El Ahuizote (The Barb) was a weekly satirical humor publication in Mexico that ran from 1874 to 1876, created in express opposition to President Sebastián Lerdo de Tejada. It was founded by Vicente Riva Palacio, an exceptional writer and humorist, together with the talented cartoonist José María Villasana. Political cartoons engraved and lithographed by Villasana and Jesús T. Alamilla; editorials written by Juan N. Mira-fuentes; and satirical texts, couplets, and songs by Riva Palacio filled its pages. Originally planning to call the newspaper El Nahual (a mythological person who can take on animal forms), Riva Palacio and Villasana chose instead El Ahuizote, which had a more confrontational connotation in the popular mind as something troublesome and irritating that brings bad luck—a perfect title for an opposition newspaper.

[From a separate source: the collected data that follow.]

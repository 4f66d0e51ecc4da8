-- ===== src/Recovery/Journal/Chain.antt =====
-- A journal of crates/uf-daemon/src/ddr_recovery_journal.rs as the list of its records, each of a kind and a
-- payload.
use uflow.Prelude.{
  ℕ, zero, suc, ◌+◌, ◌≤◌, ◌<◌, ◌≡◌, refl, List, [], ◌∷◌, ◌++◌, true, false, ok, length, drop,
  drop-append, length-append, arith, u64_mod, bytes_beq, bytes_beq_refl, All, ltb, ◌==◌, ==_refl,
}
use native.Mathlib.Nat.{add-zero}
use uflow.Recovery.Journal.Checksum.{crc64, crc64_below}
use uflow.Recovery.Journal.Frame.{
  Kind, kind_code, decode_kind, Frame, checked_bytes, encoded_bytes, max_payload, frame_magic,
}
use uflow.Recovery.Journal.Scan.{read_frame, read_sized, scan}
use uflow.Recovery.Journal.Layout.{length-encoded_bytes, encoded-Parts}

abbrev pub Entry : Type 0
Entry = Kind × List ℕ

-- A payload that a frame can hold.
abbrev pub Fits : Entry → Type 0
Fits (kind, payload) = (0 < length payload) × (length payload ≤ max_payload)

-- The frame of an entry after the sequence number and the checksum.
abbrev pub frame_of : ℕ → ℕ → Entry → Frame
frame_of sequence previous (kind, payload) = record {
  kind = kind;
  sequence = sequence + 1;
  previous = previous;
  payload = payload;
  checksum = crc64 (checked_bytes kind (sequence + 1) previous payload);
}

abbrev pub entry_bytes : ℕ → ℕ → Entry → List ℕ
entry_bytes sequence previous (kind, payload) = encoded_bytes kind (sequence + 1) previous payload

-- The bytes, the frames and the last checksum of a chain of entries after the sequence number and the checksum.
unfoldable pub chain_bytes : ℕ → ℕ → List Entry → List ℕ
chain_bytes sequence previous [] = []
chain_bytes sequence previous (e ∷ es) =
    entry_bytes sequence previous e
    ++ chain_bytes (sequence + 1) (frame_of sequence previous e).checksum es

unfoldable pub chain_frames : ℕ → ℕ → List Entry → List Frame
chain_frames sequence previous [] = []
chain_frames sequence previous (e ∷ es) =
    frame_of sequence previous e
    ∷ chain_frames (sequence + 1) (frame_of sequence previous e).checksum es

unfoldable pub chain_end : ℕ → ℕ → List Entry → ℕ
chain_end sequence previous [] = previous
chain_end sequence previous (e ∷ es) =
    chain_end (sequence + 1) (frame_of sequence previous e).checksum es

pub decode_kind-code : (kind : Kind) → decode_kind (kind_code kind) ≡ ok kind
unfolding decode_kind
decode_kind-code kind = ground arith

module _ (sequence previous : ℕ) (kind : Kind) (payload rest : List ℕ) where
  abbrev whole : List ℕ
  whole = encoded_bytes kind (sequence + 1) previous payload ++ rest

  pub length-whole : length whole ≡ 40 + length payload + length rest
  length-whole = omega (
    arith,
    length-append (encoded_bytes kind (sequence + 1) previous payload) rest,
    length-encoded_bytes kind (sequence + 1) previous payload,
  )

  read_sized-encoded :
      sequence + 1 < u64_mod
      → previous < u64_mod
      → Fits (kind, payload)
      → read_sized sequence previous kind (length payload) whole
        ≡ ok (frame_of sequence previous (kind, payload), 28 + length payload + 12)
  unfolding read_sized bytes_beq
  read_sized-encoded small_number small_chain (filled, fits) =
      let parts =
        encoded-Parts kind (sequence + 1) previous payload rest small_number small_chain fits in
      rw
        (
          parts.version,
          filled_size filled,
          small_size fits,
          offset_fits fits,
          total_fits fits,
          whole_fits,
          number_fits small_number,
          parts.number,
          parts.chain,
          parts.ending,
          parts.checksum,
          parts.checked,
          parts.body,
          ==_refl (sequence + 1),
          ==_refl previous,
          ==_refl (crc64 (checked_bytes kind (sequence + 1) previous payload)),
        )
        refl
    where
      filled_size : 0 < length payload → (length payload == 0) ≡ false
      filled_size filled = ground arith

      small_size : length payload ≤ max_payload → ltb max_payload (length payload) ≡ false
      small_size fits = ground arith

      offset_fits : length payload ≤ max_payload → ltb (28 + length payload) u64_mod ≡ true
      offset_fits fits = ground arith

      total_fits : length payload ≤ max_payload → ltb (28 + length payload + 12) u64_mod ≡ true
      total_fits fits = ground arith

      whole_fits : ltb (length whole) (28 + length payload + 12) ≡ false
      whole_fits = ground (arith, length-whole)

      number_fits : sequence + 1 < u64_mod → ltb (sequence + 1) u64_mod ≡ true
      number_fits small = ground arith

  pub read_frame-encoded :
      sequence + 1 < u64_mod
      → previous < u64_mod
      → Fits (kind, payload)
      → read_frame sequence previous whole
        ≡ ok (frame_of sequence previous (kind, payload), 28 + length payload + 12)
  unfolding read_frame
  read_frame-encoded small_number small_chain fits =
      let (_, small) = fits in
      let parts =
        encoded-Parts kind (sequence + 1) previous payload rest small_number small_chain small in
      rw
        (
          parts.magic,
          parts.code,
          parts.size,
          decode_kind-code kind,
          read_sized-encoded small_number small_chain fits,
        )
        (ground (arith, length-whole, bytes_beq_refl frame_magic))

scan_turn :
    (fuel sequence previous total final last : ℕ) (frame : Frame) (frames : List Frame)
    (bytes : List ℕ)
    → 0 < length bytes
    → read_frame sequence previous bytes ≡ ok (frame, total)
    → scan fuel frame.sequence frame.checksum (drop total bytes) ≡ ok (frames, final, last)
    → scan (suc fuel) sequence previous bytes ≡ ok (frame ∷ frames, final, last)
unfolding scan
scan_turn fuel sequence previous total final last frame frames [] filled here there =
    absurd (ground arith)
scan_turn fuel sequence previous total final last frame frames (b ∷ bs) filled here there =
    rw (here, there) refl

drop_whole :
    (sequence previous : ℕ) (kind : Kind) (payload rest : List ℕ)
    → drop (28 + length payload + 12) (encoded_bytes kind sequence previous payload ++ rest) ≡ rest
drop_whole sequence previous kind payload rest =
    rw size (drop-append (encoded_bytes kind sequence previous payload) rest)
  where
    size : 28 + length payload + 12 ≡ length (encoded_bytes kind sequence previous payload)
    size = omega (arith, length-encoded_bytes kind sequence previous payload)

-- The frames that are read from the bytes of a chain of entries, each with a payload of 1 to 8,192 bytes, are its
-- frames, with its last sequence number and checksum, if there is fuel for each entry, the sequence numbers stay
-- below 2 ^ 64 and the checksum before the chain is below 2 ^ 64.
pub scan-chain_bytes :
    (fuel sequence previous : ℕ) (es : List Entry)
    → length es ≤ fuel
    → sequence + length es < u64_mod
    → previous < u64_mod
    → All Fits es
    → scan fuel sequence previous (chain_bytes sequence previous es)
      ≡ ok (chain_frames sequence previous es, sequence + length es, chain_end sequence previous es)
unfolding scan chain_bytes chain_frames chain_end
scan-chain_bytes fuel sequence previous [] enough small chained fits = rw (add-zero sequence) refl
scan-chain_bytes zero sequence previous (e ∷ es) enough small chained fits = absurd (omega arith)
scan-chain_bytes (suc fuel) sequence previous ((kind, payload) ∷ es) enough small chained
      (fit, fits) =
    let sum = crc64 (checked_bytes kind (sequence + 1) previous payload) in
    let rest = chain_bytes (sequence + 1) sum es in
    let later =
      scan-chain_bytes fuel (sequence + 1) sum es (omega arith) (omega arith)
        (crc64_below (checked_bytes kind (sequence + 1) previous payload)) fits in
    scan_turn fuel sequence previous (28 + length payload + 12) (sequence + suc (length es))
      (chain_end (sequence + 1) sum es) (frame_of sequence previous (kind, payload))
      (chain_frames (sequence + 1) sum es)
      (encoded_bytes kind (sequence + 1) previous payload ++ rest)
      (omega (arith, length-whole sequence previous kind payload rest))
      (read_frame-encoded sequence previous kind payload rest (omega arith) chained fit)
      (rw (drop_whole (sequence + 1) previous kind payload rest, add_suc) later)
  where
    add_suc : sequence + suc (length es) ≡ sequence + 1 + length es
    add_suc = omega arith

See alsoJournalism in Mexico; Riva Palacio, Vicente.

BIBLIOGRAPHY

Barajas Durán, Rafael (el Fisgón). El país de "El Ahuizote": La caricatura mexicana de oposición durante el gobierno de Sebastían Lerdo de Tejada (1872–1876). Mexico City: Fondo de Cultura Económica/Tezontle, 2005.

Ortiz Monasterio, José. Patria, tu ronca voz me repetía: Vicente Riva Palacio y Guerrero. Mexico City: Universidad Nacional Autónoma de México-Instituto Mora, 1999.